[EXERCISE] Return each line of the records holding the string "snoc".

[INFORMATION SUPPLIED]
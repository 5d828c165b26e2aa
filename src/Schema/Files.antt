-- ===== src/Schema/Files.antt =====
-- A schema without files: normalizing and denormalizing are the same, and leave the documents.
use identity_wallet.Common.{
  ℕ, zero, suc, ◌≡◌, refl, Bool, true, false, Option, none, some, if◌then◌else◌, Result, ok, throw,
  ◌>>=◌, throw-ne-ok, Result-cases, Option-cases, eq_of_true, inl, inr, Bool-cases, ◌==◌, option_eq,
}
use identity_wallet.Schema.Text.{Text, codes, text_eq}
use identity_wallet.Schema.Value.{Value, Items, Fields, nil, cons, end, snoc, typeof_object}
use identity_wallet.Schema.Types.{
  Keywords, Schema, Properties, PropertyList, Item, schema, no_properties, properties, property,
  no_item, item,
}
use identity_wallet.Schema.Documents.{
  Documents, Walk, own, walk_child, walk_properties, walk_items, as_items, walk_node, walk,
  default_depth, normalize_documents_schema, denormalize_documents_schema, normalize_file,
  denormalize_file,
}
use identity_wallet.Schema.Meta.{is_object, is_array, contains_file, any_contains_file}

abbrev FileBranch : Type 0
FileBranch = Value → Documents → Value × Documents

-- The call returns the documents that it was given, if it returns.
abbrev pub Keeps : {A : Type 0} → Documents → Result (A × Documents) → Type 0
Keeps docs (ok (v, docs')) = docs' ≡ docs
Keeps docs (throw e) = Unit

-- Two calls return the same, and keep the documents.
abbrev pub SameAndKeeps :
    {A : Type 0} → Documents → Result (A × Documents) → Result (A × Documents) → Type 0
SameAndKeeps docs p q = (p ≡ q) × Keeps docs p

abbrev Agree : Walk → Walk → Item → Type 0
Agree f g it = (v : Value) (docs : Documents) → SameAndKeeps docs (f it v docs) (g it v docs)

bind-Agree :
    {A B : Type 0} (p q : Result (A × Documents)) (docs : Documents)
    (k l : A × Documents → Result (B × Documents))
    → SameAndKeeps docs p q
    → ((v : A) → SameAndKeeps docs (k (v, docs)) (l (v, docs)))
    → SameAndKeeps docs (p >>= k) (q >>= l)
bind-Agree (ok (v, d)) q docs k l (e, same) h = rw (← e, same) (h v)
bind-Agree (throw x) q docs k l (e, same) h = rw (← e) (refl, tt)

module _ (f g : Walk) where
  walk_items-Agree :
      (it : Item)
      → Agree f g it
      → (xs acc : Items) (docs : Documents)
      → SameAndKeeps docs (walk_items f it xs acc docs) (walk_items g it xs acc docs)
  unfolding walk_items
  walk_items-Agree it h nil acc docs = (refl, refl)
  walk_items-Agree it h (cons x xs) acc docs =
      bind-Agree (f it x docs) (g it x docs) docs _ _ (h x docs)
        (λ x'. walk_items-Agree it h xs (snoc acc x') docs)

  abbrev AllAgree : PropertyList → Type 0
  AllAgree PropertyList.end = Unit
  AllAgree (property k s more) = Agree f g (item s) × AllAgree more

  walk_child-Agree :
      (k : Text) (s : Schema) (child : Option Value) (acc : Fields) (docs : Documents)
      → Agree f g (item s)
      → SameAndKeeps docs (walk_child f k s child acc docs) (walk_child g k s child acc docs)
  unfolding walk_child
  walk_child-Agree k s none acc docs h = (refl, refl)
  walk_child-Agree k s (some v) acc docs h =
      bind-Agree (f (item s) v docs) (g (item s) v docs) docs _ _ (h v docs) (λ v'. (refl, refl))

  walk_properties-Agree :
      (ps : PropertyList)
      → AllAgree ps
      → (value : Value) (acc : Fields) (docs : Documents)
      → SameAndKeeps docs
          (walk_properties f ps value acc docs)
          (walk_properties g ps value acc docs)
  unfolding walk_properties
  walk_properties-Agree PropertyList.end h value acc docs = (refl, refl)
  walk_properties-Agree (property k s more) h value acc docs = elim (Result-cases (own value k)) [
    | inl (child, e) ↦ rw e (
        bind-Agree (walk_child f k s child acc docs) (walk_child g k s child acc docs) docs _ _
          (walk_child-Agree k s child acc docs h.0)
          (λ acc'. walk_properties-Agree more h.1 value acc' docs))
    | inr (x, e) ↦ rw e (refl, tt)
  ]

AllAgree-no_file :
    (f g : Walk) (n : ℕ)
    → ((s : Schema) → contains_file n (item s) ≡ ok false → Agree f g (item s))
    → (ps : PropertyList) → any_contains_file (contains_file n) ps ≡ ok false
    → AllAgree f g ps
unfolding any_contains_file
AllAgree-no_file f g n h PropertyList.end e = tt
AllAgree-no_file f g n h (property k s more) e = elim (Result-cases (contains_file n (item s))) [
  | inl (true, here) ↦ cc
  | inl (false, here) ↦ (h s here, AllAgree-no_file f g n h more (rw here at e))
  | inr (x, here) ↦ absurd (throw-ne-ok (rw here at e))
]

-- A type is not both.
is_object-is_array : (kw : Keywords) → is_object kw ≡ true → is_array kw ≡ false
unfolding option_eq text_eq
is_object-is_array kw h = rw (eq_of_true kw.type (some (codes "object")) h) refl

-- The branch on arrays, alone.
abbrev array_branch : Bool → Walk → Item → Value → Documents → Result (Value × Documents)
array_branch is_arr rec it value docs =
    if is_arr
    then elim (as_items value) [ none ↦ ok (value, docs) | some xs ↦ walk_items rec it xs nil docs ]
    else ok (value, docs)

array_branch-Agree :
    (f g : Walk) (b : Bool) (it : Item) (v : Value) (docs : Documents)
    → (b ≡ true → Agree f g it)
    → SameAndKeeps docs (array_branch b f it v docs) (array_branch b g it v docs)
array_branch-Agree f g false it v docs h = (refl, refl)
array_branch-Agree f g true it v docs h = elim (Option-cases (as_items v)) [
  | inl other ↦ rw other (refl, refl)
  | inr (xs, e) ↦ rw e (walk_items-Agree f g it (h refl) xs nil docs)
]

-- A node that is no file.
walk_node-Agree :
    (file file' : FileBranch) (f g : Walk) (kw : Keywords) (props : Properties) (it : Item)
    (v : Value) (docs : Documents)
    → (kw.format == some (codes "file")) ≡ false
    → (is_object kw ≡ true → (ps : PropertyList) → props ≡ properties ps → AllAgree f g ps)
    → (is_object kw ≡ false → is_array kw ≡ true → Agree f g it)
    → SameAndKeeps docs
        (walk_node file f (item (schema kw props it)) v docs)
        (walk_node file' g (item (schema kw props it)) v docs)
unfolding walk_node
walk_node-Agree file file' f g kw props it v docs plain h k =
    rw plain (elim (Bool-cases (is_object kw)) [
      | inl object ↦ elim (Bool-cases (typeof_object v)) [
        | inl is_obj ↦ rw (object, is_obj) (on_properties props (h object))
        | inr not_obj ↦
            rw (object, not_obj)
              (array_branch-Agree f g (is_array kw) it v docs
                (λ arr. cc (is_object-is_array kw object)))
      ]
      | inr other ↦ rw other (array_branch-Agree f g (is_array kw) it v docs (k other))
    ])
  where
    on_properties :
        (props : Properties)
        → ((ps : PropertyList) → props ≡ properties ps → AllAgree f g ps)
        → SameAndKeeps docs
            (elim props [
              | no_properties ↦ ok (v, docs)
              | properties ps ↦ walk_properties f ps v end docs
            ])
            (elim props [
              | no_properties ↦ ok (v, docs)
              | properties ps ↦ walk_properties g ps v end docs
            ])
    on_properties no_properties h = (refl, refl)
    on_properties (properties ps) h = walk_properties-Agree f g ps (h ps refl) v end docs

module _ (file file' : FileBranch) where
  walk-Agree :
      (n : ℕ) (it : Item) → contains_file n it ≡ ok false → Agree (walk file n) (walk file' n) it
  unfolding walk contains_file
  walk-Agree zero it e v docs = (refl, refl)
  walk-Agree (suc n) no_item e v docs = (refl, tt)
  walk-Agree (suc n) (item (schema kw props it)) e v docs =
      let ih = walk-Agree n in
      elim (Bool-cases (kw.format == some (codes "file"))) [
        | inl is_file ↦ cc (rw is_file at e)
        | inr plain ↦
            let e' = rw plain at e in
            walk_node-Agree file file' (walk file n) (walk file' n) kw props it v docs plain
              (λ object ps same.
                AllAgree-no_file (walk file n) (walk file' n) n (λ s. ih (item s)) ps
                  (rw (object, same) at e'))
              (λ other arr. ih it (rw (other, arr) at e'))
      ]

-- In a schema where `containsFile` finds none, normalizing and denormalizing return the same, on any
-- value and documents, and the documents are those that were given.
pub normalize-eq-denormalize :
    (s : Schema) (v : Value) (docs : Documents)
    → contains_file default_depth (item s) ≡ ok false
    → SameAndKeeps docs
        (normalize_documents_schema s v docs)
        (denormalize_documents_schema s v docs)
unfolding normalize_documents_schema denormalize_documents_schema
normalize-eq-denormalize s v docs e =
    walk-Agree normalize_file denormalize_file default_depth (item s) e v docs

[REPLY TO THE TASK]
use identity_wallet.Schema.Value.{Value, Items, Fields, nil, cons, end, snoc, typeof_object}
        (λ x'. walk_items-Agree it h xs (snoc acc x') docs)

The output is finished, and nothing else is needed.